The real weather problem in the north of Norway is the wind, it can get so windy at times that I worry about rocks or gravel hitting the camera is lens so keep an eye out for that, ALSO NEVER take your camera straight out of the bag when coming back into a warm car or house, the condensation will really ****** the camera up after a while.


----------



## geekpower (Nov 4, 2016)

changing the batteries out in the cold shouldn't be a problem. remember that cold air holds very little moisture. when you come back in doors, remember not to open the camera at all until it has warmed up to room temperature. a cold camera in a warm room is when you'll get condensation.


----------



## CANONisOK (Nov 5, 2016)

Thanks for all the great advice. 

I'll definitely make sure I have enough silica desiccants on the trip. 

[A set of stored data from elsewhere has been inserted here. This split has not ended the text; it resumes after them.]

-- ===== src/Migrator/Operations.antt =====
-- The interface `Operation` of cmd/signozschemamigrator/schema_migrator/op.go over the structs that
-- implement it.
pub mod Laws
pub mod Cluster
pub mod Printing
use k_o11y_otel_gateway.Prelude.{String, Option, some}
use k_o11y_otel_gateway.Migrator.Traits.{Traits}
use k_o11y_otel_gateway.Migrator.Column
use k_o11y_otel_gateway.Migrator.Index
use k_o11y_otel_gateway.Migrator.Projection
use k_o11y_otel_gateway.Migrator.Table
use k_o11y_otel_gateway.Migrator.View
use k_o11y_otel_gateway.Migrator.Rows
use k_o11y_otel_gateway.Migrator.Column.Add.{AddColumn}
use k_o11y_otel_gateway.Migrator.Column.Drop.{DropColumn}
use k_o11y_otel_gateway.Migrator.Column.Modify.{ModifyColumn}
use k_o11y_otel_gateway.Migrator.Column.Remove.{ModifyColumnRemove}
use k_o11y_otel_gateway.Migrator.Column.ModifySettings.{ModifyColumnModifySettings}
use k_o11y_otel_gateway.Migrator.Column.ResetSettings.{ModifyColumnResetSettings}
use k_o11y_otel_gateway.Migrator.Column.Materialize.{MaterializeColumn}
use k_o11y_otel_gateway.Migrator.Index.Add.{AddIndex}
use k_o11y_otel_gateway.Migrator.Index.Drop.{DropIndex}
use k_o11y_otel_gateway.Migrator.Index.Materialize.{MaterializeIndex}
use k_o11y_otel_gateway.Migrator.Index.Clear.{ClearIndex}
use k_o11y_otel_gateway.Migrator.Projection.Create.{CreateProjection}
use k_o11y_otel_gateway.Migrator.Projection.Drop.{DropProjection}
use k_o11y_otel_gateway.Migrator.Table.Create.{CreateTable}
use k_o11y_otel_gateway.Migrator.Table.Drop.{DropTable}
use k_o11y_otel_gateway.Migrator.Table.Truncate.{TruncateTable}
use k_o11y_otel_gateway.Migrator.Table.ModifyTtl.{ModifyTtl}
use k_o11y_otel_gateway.Migrator.Table.DropTtl.{DropTtl}
use k_o11y_otel_gateway.Migrator.Table.ModifySettings.{ModifySettings}
use k_o11y_otel_gateway.Migrator.View.Create.{CreateMaterializedView}
use k_o11y_otel_gateway.Migrator.View.ModifyQuery.{ModifyQueryMaterializedView}
use k_o11y_otel_gateway.Migrator.Rows.Insert.{InsertIntoTable}

-- The structs that implement the interface `Operation`.
pub data Operation : Type 0 where
  add_column : AddColumn → Operation
  drop_column : DropColumn → Operation
  modify_column : ModifyColumn → Operation
  modify_column_remove : ModifyColumnRemove → Operation
  modify_column_modify_settings : ModifyColumnModifySettings → Operation
  modify_column_reset_settings : ModifyColumnResetSettings → Operation
  materialize_column : MaterializeColumn → Operation
  add_index : AddIndex → Operation
  drop_index : DropIndex → Operation
  materialize_index : MaterializeIndex → Operation
  clear_index : ClearIndex → Operation
  create_projection : CreateProjection → Operation
  drop_projection : DropProjection → Operation
  create_table : CreateTable → Operation
  drop_table : DropTable → Operation
  truncate_table : TruncateTable → Operation
  modify_ttl : ModifyTtl → Operation
  drop_ttl : DropTtl → Operation
  modify_settings : ModifySettings → Operation
  create_materialized_view : CreateMaterializedView → Operation
  modify_query_materialized_view : ModifyQueryMaterializedView → Operation
  insert_into_table : InsertIntoTable → Operation

unfoldable pub on_cluster : String → Operation → Operation
unfolding Column.Add.on_cluster Column.Drop.on_cluster Column.Modify.on_cluster
    Column.Remove.on_cluster Column.ModifySettings.on_cluster Column.ResetSettings.on_cluster
    Column.Materialize.on_cluster Index.Add.on_cluster Index.Drop.on_cluster
    Index.Materialize.on_cluster Index.Clear.on_cluster Projection.Create.on_cluster
    Projection.Drop.on_cluster Table.Create.on_cluster Table.Drop.on_cluster
    Table.Truncate.on_cluster Table.ModifyTtl.on_cluster Table.DropTtl.on_cluster
    Table.ModifySettings.on_cluster View.Create.on_cluster View.ModifyQuery.on_cluster
    Rows.Insert.on_cluster
on_cluster c (add_column a) = add_column (Column.Add.on_cluster c a)
on_cluster c (drop_column a) = drop_column (Column.Drop.on_cluster c a)
on_cluster c (modify_column a) = modify_column (Column.Modify.on_cluster c a)
on_cluster c (modify_column_remove a) = modify_column_remove (Column.Remove.on_cluster c a)
on_cluster c (modify_column_modify_settings a) =
    modify_column_modify_settings (Column.ModifySettings.on_cluster c a)
on_cluster c (modify_column_reset_settings a) =
    modify_column_reset_settings (Column.ResetSettings.on_cluster c a)
on_cluster c (materialize_column a) = materialize_column (Column.Materialize.on_cluster c a)
on_cluster c (add_index a) = add_index (Index.Add.on_cluster c a)
on_cluster c (drop_index a) = drop_index (Index.Drop.on_cluster c a)
on_cluster c (materialize_index a) = materialize_index (Index.Materialize.on_cluster c a)
on_cluster c (clear_index a) = clear_index (Index.Clear.on_cluster c a)
on_cluster c (create_projection a) = create_projection (Projection.Create.on_cluster c a)
on_cluster c (drop_projection a) = drop_projection (Projection.Drop.on_cluster c a)
on_cluster c (create_table a) = create_table (Table.Create.on_cluster c a)
on_cluster c (drop_table a) = drop_table (Table.Drop.on_cluster c a)
on_cluster c (truncate_table a) = truncate_table (Table.Truncate.on_cluster c a)
on_cluster c (modify_ttl a) = modify_ttl (Table.ModifyTtl.on_cluster c a)
on_cluster c (drop_ttl a) = drop_ttl (Table.DropTtl.on_cluster c a)
on_cluster c (modify_settings a) = modify_settings (Table.ModifySettings.on_cluster c a)
on_cluster c (create_materialized_view a) = create_materialized_view (View.Create.on_cluster c a)
on_cluster c (modify_query_materialized_view a) =
    modify_query_materialized_view (View.ModifyQuery.on_cluster c a)
on_cluster c (insert_into_table a) = insert_into_table (Rows.Insert.on_cluster c a)

-- Every other operation returns itself.
unfoldable pub with_replication : Operation → Operation
unfolding Table.Create.with_replication
with_replication (create_table a) = create_table (Table.Create.with_replication a)
with_replication o = o

unfoldable pub traits : Operation → Traits
unfolding Column.Add.traits Column.Drop.traits Column.Modify.traits Column.Remove.traits
    Column.ModifySettings.traits Column.ResetSettings.traits Column.Materialize.traits
    Index.Add.traits Index.Drop.traits Index.Materialize.traits Index.Clear.traits
    Projection.Create.traits Projection.Drop.traits Table.Create.traits Table.Drop.traits
    Table.Truncate.traits Table.ModifyTtl.traits Table.DropTtl.traits Table.ModifySettings.traits
    View.Create.traits View.ModifyQuery.traits Rows.Insert.traits
traits (add_column a) = Column.Add.traits a
traits (drop_column a) = Column.Drop.traits a
traits (modify_column a) = Column.Modify.traits a
traits (modify_column_remove a) = Column.Remove.traits a
traits (modify_column_modify_settings a) = Column.ModifySettings.traits a
traits (modify_column_reset_settings a) = Column.ResetSettings.traits a
traits (materialize_column a) = Column.Materialize.traits a
traits (add_index a) = Index.Add.traits a
traits (drop_index a) = Index.Drop.traits a
traits (materialize_index a) = Index.Materialize.traits a
traits (clear_index a) = Index.Clear.traits a
traits (create_projection a) = Projection.Create.traits a
traits (drop_projection a) = Projection.Drop.traits a
traits (create_table a) = Table.Create.traits a
traits (drop_table a) = Table.Drop.traits a
traits (truncate_table a) = Table.Truncate.traits a
traits (modify_ttl a) = Table.ModifyTtl.traits a
traits (drop_ttl a) = Table.DropTtl.traits a
traits (modify_settings a) = Table.ModifySettings.traits a
traits (create_materialized_view a) = View.Create.traits a
traits (modify_query_materialized_view a) = View.ModifyQuery.traits a
traits (insert_into_table a) = Rows.Insert.traits a

-- `ToSQL`; `none` is the panic on a column whose type is the nil interface.
unfoldable pub to_sql : Operation → Option String
unfolding Column.Add.to_sql Column.Drop.to_sql Column.Modify.to_sql Column.Remove.to_sql
    Column.ModifySettings.to_sql Column.ResetSettings.to_sql Column.Materialize.to_sql
    Index.Add.to_sql Index.Drop.to_sql Index.Materialize.to_sql Index.Clear.to_sql
    Projection.Create.to_sql Projection.Drop.to_sql Table.Create.to_sql Table.Drop.to_sql
    Table.Truncate.to_sql Table.ModifyTtl.to_sql Table.DropTtl.to_sql Table.ModifySettings.to_sql
    View.Create.to_sql View.ModifyQuery.to_sql Rows.Insert.to_sql
to_sql (add_column a) = Column.Add.to_sql a
to_sql (drop_column a) = some (Column.Drop.to_sql a)
to_sql (modify_column a) = Column.Modify.to_sql a
to_sql (modify_column_remove a) = some (Column.Remove.to_sql a)
to_sql (modify_column_modify_settings a) = some (Column.ModifySettings.to_sql a)
to_sql (modify_column_reset_settings a) = some (Column.ResetSettings.to_sql a)
to_sql (materialize_column a) = some (Column.Materialize.to_sql a)
to_sql (add_index a) = some (Index.Add.to_sql a)
to_sql (drop_index a) = some (Index.Drop.to_sql a)
to_sql (materialize_index a) = some (Index.Materialize.to_sql a)
to_sql (clear_index a) = some (Index.Clear.to_sql a)
to_sql (create_projection a) = some (Projection.Create.to_sql a)
to_sql (drop_projection a) = some (Projection.Drop.to_sql a)
to_sql (create_table a) = Table.Create.to_sql a
to_sql (drop_table a) = some (Table.Drop.to_sql a)
to_sql (truncate_table a) = some (Table.Truncate.to_sql a)
to_sql (modify_ttl a) = some (Table.ModifyTtl.to_sql a)
to_sql (drop_ttl a) = some (Table.DropTtl.to_sql a)
to_sql (modify_settings a) = some (Table.ModifySettings.to_sql a)
to_sql (create_materialized_view a) = View.Create.to_sql a
to_sql (modify_query_materialized_view a) = some (View.ModifyQuery.to_sql a)
to_sql (insert_into_table a) = some (Rows.Insert.to_sql a)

I was surprised there was not more concern about having a weather-sealed lens. Regardless, I suppose it's best to pick one lens to use and stick to it, rather than going back and forth with equipment at different temperatures.

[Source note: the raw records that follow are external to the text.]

-- ===== src/TailSampler/Tick/Laws.antt =====
-- What samplingPolicyOnTick of processor/signoztailsampler/processor.go does with a batch of ids.
use k_o11y_otel_gateway.Prelude.{
  ℕ, ◌+◌, ◌<◌, some, [], ◌∷◌, ◌++◌, ◌≡◌, refl, ◌∙◌, ◌⊎◌, length, arith, if◌then◌else◌, Option-cases,
  inl, inr,
}
use k_o11y_otel_gateway.Sampling.Trace.{
  TraceData, PolicyEvaluator, sampled, not_sampled, is_sampled,
}
use k_o11y_otel_gateway.TailSampler.Table.{load, modify}
use k_o11y_otel_gateway.TailSampler.Table.Laws.{keys-modify, Entries-modify, Entries-load}
use k_o11y_otel_gateway.TailSampler.Batcher.{Batch}
use k_o11y_otel_gateway.TailSampler.Batcher.Running.{close-running}
use k_o11y_otel_gateway.TailSampler.Decide.{PolicyMetrics, no_metrics}
use k_o11y_otel_gateway.TailSampler.Decide.Laws.{make_decision_total}
use k_o11y_otel_gateway.TailSampler.State.{Processor}
use k_o11y_otel_gateway.TailSampler.Tick.{tick_id, tick_batch, sampling_policy_on_tick}
use k_o11y_otel_gateway.TailSampler.Bounds.{
  IsJudged, Entries-IsJudged, IsBounded, SameSetup, SameSetup-trans,
}

module _ {E : Type 0} ⦃pe : PolicyEvaluator E⦄ (now : ℕ) where
  -- The trace before and after its decision.
  pub record IsDecided (tsp tsp' : Processor E) (before after : TraceData) : Type 0 where
    pub decisive : (after.final_decision ≡ sampled) ⊎ (after.final_decision ≡ not_sampled)
    pub stamped : after.decision_time ≡ now
    pub same_batches : after.received_batches ≡ before.received_batches
    pub same_arrival : after.arrival_time ≡ before.arrival_time
    pub same_count : after.span_count ≡ before.span_count
    pub passed_on : tsp'.forwarded ≡ (
        if is_sampled after.final_decision
        then tsp.forwarded ++ before.received_batches ∷ []
        else tsp.forwarded)

  -- An id of a batch whose trace is on the map, with a decision for each policy, is decided: the trace is
  -- sampled or it is not; exactly a sampled trace is passed on, once, with all the spans it has; and the
  -- map keeps the trace, with its spans, in the same place.
  pub tick_id-IsDecided :
      (id : ℕ) (m : PolicyMetrics) (tsp : Processor E) (trace : TraceData)
      → load id tsp.id_to_trace ≡ some trace
      → IsJudged tsp.policies trace
      → (m' : PolicyMetrics) × (tsp' : Processor E) × (after : TraceData) × (tick_id now id m tsp
          ≡ some (m', tsp'))
        × IsDecided tsp tsp' trace after
        × (tsp'.id_to_trace ≡ modify id after tsp.id_to_trace)
  unfolding tick_id
  tick_id-IsDecided id m tsp trace found judged =
      let (d, done, leaves, counted) =
        make_decision_total now id (record trace { decision_time = now }) m tsp.policies
          (omega (arith, judged)) in
      let after = record (d.trace) { final_decision = d.final_decision } in
      (
        d.metrics,
        record tsp {
          policies = d.policies;
          id_to_trace = modify id after tsp.id_to_trace;
          forwarded =
              if is_sampled d.final_decision
              then tsp.forwarded ++ d.trace.received_batches ∷ []
              else tsp.forwarded;
        },
        after,
        ground (arith, found, done),
        record {
          decisive = counted.decided;
          stamped = leaves.same_time;
          same_batches = leaves.same_batches;
          same_arrival = leaves.same_arrival;
          same_count = leaves.same_count;
          passed_on = rw leaves.same_batches;
        },
        refl,
      )

  tick_id-IsBounded :
      (id : ℕ) (m : PolicyMetrics) (tsp : Processor E)
      → IsBounded tsp
      → (m' : PolicyMetrics) × (tsp' : Processor E) × (tick_id now id m tsp ≡ some (m', tsp'))
        × IsBounded tsp'
        × SameSetup tsp tsp'
  unfolding tick_id
  tick_id-IsBounded id m tsp h = elim (Option-cases (load id tsp.id_to_trace)) [
    | inl gone ↦ (
      record m { id_not_found_on_map_count = m.id_not_found_on_map_count + 1 },
      tsp,
      ground (arith, gone),
      h,
      record { same_max = refl; same_policies = refl; same_pipe = refl },
    )
    | inr (trace, found) ↦
        let judged : IsJudged tsp.policies trace =
          Entries-load (IsJudged tsp.policies) id tsp.id_to_trace trace h.judged found in
        let (d, done, leaves, counted) =
          make_decision_total now id (record trace { decision_time = now }) m tsp.policies
            (omega (arith, judged)) in
        let after = record (d.trace) { final_decision = d.final_decision } in
        (
          d.metrics,
          record tsp {
            policies = d.policies;
            id_to_trace = modify id after tsp.id_to_trace;
            forwarded =
                if is_sampled d.final_decision
                then tsp.forwarded ++ d.trace.received_batches ∷ []
                else tsp.forwarded;
          },
          ground (arith, found, done),
          record {
            tracked = keys-modify id after tsp.id_to_trace ∙ h.tracked;
            counted = h.counted;
            bounded = h.bounded;
            judged =
                Entries-IsJudged tsp.policies d.policies (modify id after tsp.id_to_trace)
                  leaves.all_policies
                  (Entries-modify (IsJudged tsp.policies) id after tsp.id_to_trace
                    (leaves.same_length ∙ judged) h.judged);
            running = h.running;
          },
          record { same_max = refl; same_policies = leaves.all_policies; same_pipe = refl },
        )
  ]

  tick_batch-IsBounded :
      (ids : Batch) (m : PolicyMetrics) (tsp : Processor E)
      → IsBounded tsp
      → (m' : PolicyMetrics) × (tsp' : Processor E) × (tick_batch now ids m tsp ≡ some (m', tsp'))
        × IsBounded tsp'
        × SameSetup tsp tsp'
  unfolding tick_batch
  tick_batch-IsBounded [] m tsp h =
      (m, tsp, refl, h, record { same_max = refl; same_policies = refl; same_pipe = refl })
  tick_batch-IsBounded (id ∷ ids) m tsp h =
      let (m₁, tsp₁, done₁, valid₁, same₁) = tick_id-IsBounded id m tsp h in
      let (m₂, tsp₂, done₂, valid₂, same₂) = tick_batch-IsBounded ids m₁ tsp₁ valid₁ in
      (m₂, tsp₂, ground (arith, done₁, done₂), valid₂, SameSetup-trans same₁ same₂)

  -- A tick of a bounded processor with a batch in its pipe returns, and keeps the bound: no policy
  -- writes past a trace's decisions, and no trace comes or goes.
  pub sampling_policy_on_tick-IsBounded :
      (tsp : Processor E)
      → IsBounded tsp
      → 0 < length tsp.decision_batcher.batches
      → (m : PolicyMetrics) × (tsp' : Processor E) × (sampling_policy_on_tick now tsp
          ≡ some (m, tsp'))
        × IsBounded tsp'
        × SameSetup tsp tsp'
  unfolding sampling_policy_on_tick
  sampling_policy_on_tick-IsBounded tsp h pipe =
      let (batch, more, b, taken, runs, size) = close-running tsp.decision_batcher h.running pipe in
      let (m, tsp', done, valid, same) =
        tick_batch-IsBounded batch no_metrics (record tsp { decision_batcher = b })
          (record {
            tracked = h.tracked;
            counted = h.counted;
            bounded = h.bounded;
            judged = h.judged;
            running = runs;
          }) in
      (
        m,
        tsp',
        ground (arith, taken, done),
        valid,
        record {
          same_max = same.same_max;
          same_policies = same.same_policies;
          same_pipe = same.same_pipe ∙ size;
        },
      )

I also appreciate the advice about the personal equipment. I'll definitely make sure I don't go unprepared. One nice thing is that we will be staying in a cabin out in the middle of nowhere... So I can pop outside when conditions are good, and pop inside when conditions are not ideal. Didn't want to have to spend all night outside just hoping for decent shooting conditions.

Still having to think about the right lens though...


----------



## CANONisOK (Nov 5, 2016)

aa_angus said:


> Just take the f/4 and you will be more than happy.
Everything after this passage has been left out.